Kuzey'in soğuk ve izole bir köyünde yaşayan Boris, basit bir orman bekçisidir. Günlük rutini, doğayla iç içe sakin bir yaşam sürdürmekten ibarettir.
Ancak bir gün, iş arkadaşının kaza sonucu ölümüne tanık olması hayatını beklenmedik şekilde değiştirir. Bu olay, Boris'i derinden sarsar ve iç dünyasında fırtınalar kopmasına neden olur.
Boris'in yolu, bir gün vahşi doğada yaralı bir geyikle kesişir. Bu karşılaşma, onun için bir dönüm noktasına dönüşür.
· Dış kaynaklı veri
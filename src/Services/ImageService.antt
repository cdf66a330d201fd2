-- ===== src/Services/ImageService.antt =====
-- Backend/src/services/image_service.cpp: the operations behind the image endpoints.
pub mod Cache
pub mod Reads
pub mod Writes
pub mod Errors
pub mod Success
pub mod Presign
pub mod Frame
use text2image.Base.{ℤ, pos, ltb_ℤ, List, [], ◌∷◌, Text, bytes, Action, guard}
use text2image.Models.TaskStatus.{TaskStatus, status_to_string}
use text2image.Errors.{ServiceError, Detail, text, service_error, unauthorized_status, not_found}
use text2image.Services.Effects.{Failure, returned}

abbrev pub unauthorized : ServiceError
unauthorized = service_error unauthorized_status "unauthorized" "unauthorized"

abbrev pub image_not_found : ServiceError
image_not_found = service_error not_found "image_not_found" "image not found"

abbrev pub task_not_found : ServiceError
task_not_found = service_error not_found "task_not_found" "task not found"

-- The guard that every operation starts with.
abbrev pub require_user : {W : Type 0} → ℤ → Action W Failure (Unit {0})
require_user user_id = guard (ltb_ℤ (pos 0) user_id) (returned unauthorized)

-- `err.details["status"] = ...`
abbrev pub status_detail : TaskStatus → List (Text × Detail)
status_detail status = (bytes "status", text (status_to_string status)) ∷ []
Geyiği kurtarmaya çalışırken, kendi içindeki yaralarla ve geçmişin ağırlığıyla yüzleşmek zorunda kalır. Doğanın dinginliği ile iç hesaplaşmasının karmaşası arasında sıkışıp kalan Boris için geyik, bir umut sembolü haline gelir.
Ormanda geçen bu beklenmedik yolculuk, Boris'i fiziksel olduğu kadar ruhsal bir sınavdan da geçirir. Doğa ile kurduğu bu yeni bağ, onun kaderini yeniden şekillendirecek olayların önünü açar.
Boris'in sessiz mücadelesi, insanın kendi içindeki vahşi doğayla nasıl başa çıkabileceğine dair dokunaklı bir hikâyeye dönüşür.